═════ DATA UNDER STUDY ═════

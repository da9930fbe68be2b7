-- ===== src/Laws/Feed.antt =====
-- The change feed: what stays pending, what a batch holds and what reaches the others.
use dstate.Base.{
  String, ◌≡◌, ◌≢◌, refl, sym, subst, ap, ◌∙◌, false, Option, none, some, List, [], ◌∷◌, arith,
  ◌==◌, eq_refl, eq_iff, if◌then◌else◌, ◌&&◌, inl, inr, map, Bool-cases,
}
use dstate.Types.Envelope.{NodeId}
use dstate.Types.Generation.{Generation, gt}
use dstate.Types.Message.{ChangeNotification, BatchedChangeFeed}
use dstate.ChangeFeed.{
  ChangeFeedLogic, notify_entry, notify_change, notification, drained, flush, route_inbound_batch,
}

-- The generation that is pending for a state and a node.
abbrev pub pending_for : String → NodeId → List (String × NodeId × Generation) → Option Generation
pending_for name source [] = none
pending_for name source ((n, s, g) ∷ rest) =
    let later = pending_for name source rest in if n == name && s == source then some g else later

-- The newer of a pending generation and another.
abbrev pub newest : Generation → Option Generation → Generation
newest g none = g
newest g (some old) = if gt g old then g else old

pending_for-notify_entry :
    (name n : String) (source s : NodeId) (g : Generation)
    (pending : List (String × NodeId × Generation))
    → pending_for n s (notify_entry name source g pending) ≡ (
        if name == n && source == s
        then some (newest g (pending_for n s pending))
        else pending_for n s pending)
unfolding notify_entry
pending_for-notify_entry name n source s g [] = refl
pending_for-notify_entry name n source s g ((n', s', old) ∷ rest) = ground (
  arith,
  pending_for-notify_entry name n source s g rest,
  eq_iff name n,
  eq_iff source s,
  eq_iff n' name,
  eq_iff s' source,
  eq_iff n' n,
  eq_iff s' s,
)

-- The newest generation that a list of changes has for a state and a node.
abbrev pub newest_for : String → NodeId → List (String × NodeId × Generation) → Option Generation
newest_for name source [] = none
newest_for name source ((n, s, g) ∷ rest) =
    let later = newest_for name source rest in
    if n == name && s == source then some (newest g later) else later

-- A list of changes, noted one after the other.
unfoldable pub notify_all : List (String × NodeId × Generation) → ChangeFeedLogic → ChangeFeedLogic
notify_all [] c = c
notify_all ((n, s, g) ∷ rest) c = notify_all rest (notify_change n s g c)

-- The newer of two generations that may be missing.
abbrev pub join : Option Generation → Option Generation → Option Generation
join none b = b
join (some a) b = some (newest a b)

newest_assoc :
    (g : Generation) (a b : Option Generation)
    → join a (some (newest g b)) ≡ join (some (newest g a)) b
unfolding gt
newest_assoc g none none = refl
newest_assoc g none (some b) = ground arith
newest_assoc g (some a) none = ground arith
newest_assoc g (some a) (some b) = ground arith

pending_for-notify_all :
    (n : String) (s : NodeId) (xs : List (String × NodeId × Generation)) (c : ChangeFeedLogic)
    → pending_for n s (notify_all xs c).pending
      ≡ join (newest_for n s xs) (pending_for n s c.pending)
unfolding notify_all notify_change
pending_for-notify_all n s [] c = refl
pending_for-notify_all n s ((name, source, g) ∷ xs) c =
    elim (Bool-cases (name == n && source == s)) [
      | inl same ↦
          pending_for-notify_all n s xs _
          ∙ rw (pending_for-notify_entry name n source s g c.pending, same)
              (newest_assoc g (newest_for n s xs) (pending_for n s c.pending))
      | inr other ↦
          pending_for-notify_all n s xs _
          ∙ rw (pending_for-notify_entry name n source s g c.pending, other)
    ]

-- No entry is for the state and the node.
abbrev Unnamed : String → NodeId → List (String × NodeId × Generation) → Type 0
Unnamed name source [] = Unit
Unnamed name source ((n, s, g) ∷ rest) =
    ((n == name && s == source) ≡ false) × Unnamed name source rest

-- A state and a node have one entry at most.
abbrev pub IsDistinct : List (String × NodeId × Generation) → Type 0
IsDistinct [] = Unit
IsDistinct ((n, s, g) ∷ rest) = Unnamed n s rest × IsDistinct rest

notify_entry-Unnamed :
    (name n : String) (source s : NodeId) (g : Generation)
    (pending : List (String × NodeId × Generation))
    → (name == n && source == s) ≡ false
    → Unnamed n s pending
    → Unnamed n s (notify_entry name source g pending)
unfolding notify_entry
notify_entry-Unnamed name n source s g [] other h = (other, tt)
notify_entry-Unnamed name n source s g ((n', s', old) ∷ rest) other h =
    ground (arith, notify_entry-Unnamed name n source s g rest)

notify_entry-IsDistinct :
    (name : String) (source : NodeId) (g : Generation)
    (pending : List (String × NodeId × Generation))
    → IsDistinct pending
    → IsDistinct (notify_entry name source g pending)
unfolding notify_entry
notify_entry-IsDistinct name source g [] h = (tt, tt)
notify_entry-IsDistinct name source g ((n', s', old) ∷ rest) h = ground (
  arith,
  notify_entry-IsDistinct name source g rest,
  notify_entry-Unnamed name n' source s' g rest,
  eq_iff n' name,
  eq_iff s' source,
  eq_iff name n',
  eq_iff source s',
)

notify_all-IsDistinct :
    (xs : List (String × NodeId × Generation)) (c : ChangeFeedLogic)
    → IsDistinct c.pending
    → IsDistinct (notify_all xs c).pending
unfolding notify_all notify_change
notify_all-IsDistinct [] c h = h
notify_all-IsDistinct ((n, s, g) ∷ xs) c h =
    notify_all-IsDistinct xs _ (notify_entry-IsDistinct n s g c.pending h)

notify_all-node_id :
    (xs : List (String × NodeId × Generation)) (c : ChangeFeedLogic)
    → (notify_all xs c).node_id ≡ c.node_id
unfolding notify_all notify_change
notify_all-node_id [] c = refl
notify_all-node_id ((n, s, g) ∷ xs) c = notify_all-node_id xs (notify_change n s g c)

-- What a receiver takes from a flush.
abbrev pub routed : Option BatchedChangeFeed → NodeId → List (String × NodeId × Generation)
routed none receiver = []
routed (some batch) receiver = route_inbound_batch batch receiver

read_back :
    (xs : List (String × NodeId × Generation))
    → map
        (λ (n : ChangeNotification). (n.state_name, n.source_node, n.generation))
        (map notification xs)
      ≡ xs
read_back [] = refl
read_back (x ∷ xs) = ap (◌∷◌ x) (read_back xs)

routed-drained :
    (self receiver : NodeId) (xs : List (String × NodeId × Generation))
    → routed (drained self xs) receiver ≡ (if self == receiver then [] else xs)
unfolding route_inbound_batch
routed-drained self receiver [] = ground arith
routed-drained self receiver (x ∷ xs) = elim (Bool-cases (self == receiver)) [
  | inl same ↦ rw same
  | inr other ↦ rw other (read_back (x ∷ xs))
]

-- A node notes changes in an empty feed and flushes it. Another node that receives the batch takes
-- one entry at most for each state and source, with the newest generation that was noted for it and
-- none if none was; the node itself takes nothing from its own batch; and nothing stays pending.
pub flush_tells_newest :
    (xs : List (String × NodeId × Generation)) (c : ChangeFeedLogic)
    → c.pending ≡ []
    → let flushed = flush (notify_all xs c) in
      (flushed.0.pending ≡ [])
      × (routed flushed.1 c.node_id ≡ [])
      × ((receiver : NodeId)
          → c.node_id ≢ receiver
          → IsDistinct (routed flushed.1 receiver)
            × ((n : String) (s : NodeId)
                → pending_for n s (routed flushed.1 receiver) ≡ newest_for n s xs))
unfolding flush
flush_tells_newest xs c empty = (
  refl,
  routed-drained (notify_all xs c).node_id c.node_id (notify_all xs c).pending
      ∙ rw (notify_all-node_id xs c, eq_refl c.node_id),
  λ receiver other.
      let taken : routed (drained (notify_all xs c).node_id (notify_all xs c).pending) receiver
          ≡ (notify_all xs c).pending =
        routed-drained (notify_all xs c).node_id receiver (notify_all xs c).pending
        ∙ rw (notify_all-node_id xs c, different c.node_id receiver other) in
      (
        subst IsDistinct (sym taken) (notify_all-IsDistinct xs c (subst IsDistinct (sym empty) tt)),
        λ n s.
            ap (pending_for n s) taken
            ∙ pending_for-notify_all n s xs c
            ∙ ap (λ p. join (newest_for n s xs) (pending_for n s p)) empty
            ∙ join_none (newest_for n s xs),
      ),
)
  where
    different : (a b : NodeId) → a ≢ b → (a == b) ≡ false
    different a b other = ground (arith, eq_iff a b)

    join_none : (o : Option Generation) → join o none ≡ o
    join_none none = refl
    join_none (some g) = refl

═════

ASSIGNMENT – Where a line above holds the string "BatchedChangeFeed", copy that line.

ANSWER TO THE PROBLEM –
use dstate.Types.Message.{ChangeNotification, BatchedChangeFeed}
abbrev pub routed : Option BatchedChangeFeed → NodeId → List (String × NodeId × Generation)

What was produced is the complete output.